Comparative Example 1
In Example 1, the same procedure as in Example 1 was performed except that the emulsifying dispersant was changed to Synthesis Example 1 and that obtained in Synthesis Example 3 was used, and the concentration was 50% by weight at 25 ° C. An aqueous dispersion of a developer for a pressure-sensitive recording material having a viscosity of 20 mPa · s and an average particle size of 2.5 μm was obtained.

Comparative Example 2
In Example 1, the same procedure as in Example 1 was performed except that the emulsifying dispersant was changed to Synthesis Example 1 and that obtained in Synthesis Example 4 was used, and the concentration was 50% by weight at 25 ° C. An aqueous dispersion of a developer for a pressure-sensitive recording material having a viscosity of 1550 mPa · s and an average particle diameter of 0.8 μm was obtained.

Comparative Example 3
In Example 1, the emulsifying and dispersing agent was prepared in the same manner as in Example 1 except that the emulsifying and dispersing agent obtained in Synthesis Example 5 was used instead of Synthesis Example 1, and the concentration was 50% by weight at 25 ° C. An aqueous dispersion of a developer for a pressure-sensitive recording material having a viscosity of 2500 mPa · s and an average particle size of 1.0 μm was obtained.

Claims (6)

A developer aqueous dispersion for a pressure-sensitive recording medium, in which an organic solvent solution of a developer (A) mainly composed of a polyvalent metal salt of a salicylic acid derivative is emulsified and dispersed in water in the presence of an emulsifying dispersant.

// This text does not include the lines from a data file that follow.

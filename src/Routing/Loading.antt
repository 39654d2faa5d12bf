-- ===== src/Routing/Loading.antt =====
-- internal/routing/config.go: what the validation of a configuration is worth.
use netweave.Common.{
  ◌≡◌, ◌≢◌, refl, ap, ◌∙◌, subst, false, some, List, [], ◌∷◌, arith, All, ok, ◌==◌, eq_iff, pos,
  ltb_ℤ, ◌≤ℤ◌, >>=-eq-ok,
}
use netweave.Routing.{Rule}
use netweave.Routing.Rules.{Rearranges, Sorter, higher, sort_rules}
use netweave.Routing.Config.{
  RuleConfig, Config, convert_rule_config, load_rules, load_rules_from_config, validate_rule_config,
  converted, validate_rules, validate_routing_config, convert_rules, new_router,
}

-- A rule that can be used: it has a name and an adapter name, and its priority is positive.
abbrev pub IsUsable : Rule → Type 0
IsUsable rule = (rule.name ≢ "") × (rule.adapter_name ≢ "") × (pos 1 ≤ℤ rule.priority)

validate-convert :
    (c : RuleConfig)
    → validate_rule_config c ≡ ok tt
    → (rule : Rule) × (convert_rule_config c ≡ ok rule) × IsUsable rule
unfolding validate_rule_config convert_rule_config
validate-convert c h =
    let named : (c.name == "") ≡ false = ground arith in
    let plugged : (c.plugin == "") ≡ false = ground arith in
    let priority : ltb_ℤ c.priority (pos 0) ≡ false = ground arith in
    (
      converted c,
      rw (named, plugged, convert_rule_config) refl,
      (
        λ e. ground (arith, eq_iff c.name ""),
        λ e. ground (arith, eq_iff c.plugin ""),
        ground arith,
      ),
    )

validate-load :
    (cs : List RuleConfig)
    → validate_rules cs ≡ ok tt
    → (rules : List Rule) × (load_rules cs ≡ ok rules) × All IsUsable rules
unfolding validate_rules load_rules
validate-load [] h = ([], refl, tt)
validate-load (c ∷ cs) h =
    let (u, first, rest) = >>=-eq-ok (validate_rule_config c) _ h in
    let (rule, e, usable) = validate-convert c first in
    let (rules, f, all_usable) = validate-load cs rest in
    (rule ∷ rules, rw (e, f) refl, (usable, all_usable))

load-convert :
    (cs : List RuleConfig) (rules : List Rule) → load_rules cs ≡ ok rules → convert_rules cs ≡ rules
unfolding load_rules convert_rules
load-convert [] rules h = ground arith
load-convert (c ∷ cs) rules h =
    let (rule, e, rest) = >>=-eq-ok (convert_rule_config c) _ h in
    let (others, f, same) = >>=-eq-ok (load_rules cs) _ rest in
    rw e (ap (◌∷◌ rule) (load-convert cs others f) ∙ ground arith)

-- A configuration that validate_routing_config accepts is loaded without an error; each loaded rule
-- has a name, an adapter name and a positive priority; and new_router has exactly these rules, in
-- some order.
pub validate_routing_config-new_router :
    (sorter : Sorter) (config : Config)
    → validate_routing_config (some config) ≡ ok tt
    → (rules : List Rule) × (load_rules_from_config (some config) ≡ ok rules)
      × All IsUsable rules
      × Rearranges (new_router sorter (some config)).rules rules
unfolding validate_routing_config load_rules_from_config new_router sort_rules
validate_routing_config-new_router sorter config h =
    let (rules, e, usable) = validate-load config.rules h in
    (
      rules,
      e,
      usable,
      subst (Rearranges (sorter.sort_slice higher (convert_rules config.rules)))
          (load-convert config.rules rules e) (sorter.permutes higher (convert_rules config.rules)),
    )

An aqueous dispersion having an average polymerization degree of 30 or more and less than 100 obtained by copolymerizing (meth) acrylamide (a) 80 to 97 mol% and (meth) acrylic acid ester monomer (b) 3 to 20 mol% as an emulsifying dispersant. A pressure-sensitive recording material, wherein the organic solvent is distilled off after emulsifying and dispersing the conductive copolymer (B) using 0.5 to 10 parts by weight with respect to 100 parts by weight of the developer (A). Developer aqueous dispersion. A developer aqueous dispersion for a pressure-sensitive recording medium, in which an organic solvent solution of a developer (A) mainly composed of a polyvalent metal salt of a salicylic acid derivative is emulsified and dispersed in water in the presence of an emulsifying dispersant. An aqueous dispersion having an average polymerization degree of 30 or more and less than 100 obtained by copolymerizing (meth) acrylamide (a) 80 to 97 mol% and (meth) acrylic acid ester monomer (b) 3 to 20 mol% as an emulsifying dispersant. 0.5 to 10 parts by weight of a mixture of the water-soluble polymer (C) other than the water-soluble copolymer (B) and the water-soluble copolymer (B) with respect to 100 parts by weight of the developer (A). An aqueous developer for pressure-sensitive recording material, wherein the organic solvent is distilled off after emulsification and dispersion. The (meth) acrylic acid ester monomer (b) is at least one selected from the group consisting of ethyl acrylate, butyl acrylate, 2-ethylhexyl acrylate, and butyl methacrylate. Developer aqueous dispersion for pressure sensitive recording material. The water-soluble polymer (C) is polyvinyl alcohol, and the color developer aqueous dispersion for pressure-sensitive recording material according to claim 2 or 3. The average particle diameter of the dispersed developer is 0.2 to 2.0 µm, The developer aqueous dispersion for a pressure-sensitive recording material according to any one of claims 1 to 4. A pressure-sensitive recording material sheet obtained by applying the aqueous developer for pressure-sensitive recording material according to any one of claims 1 to 5 to a support.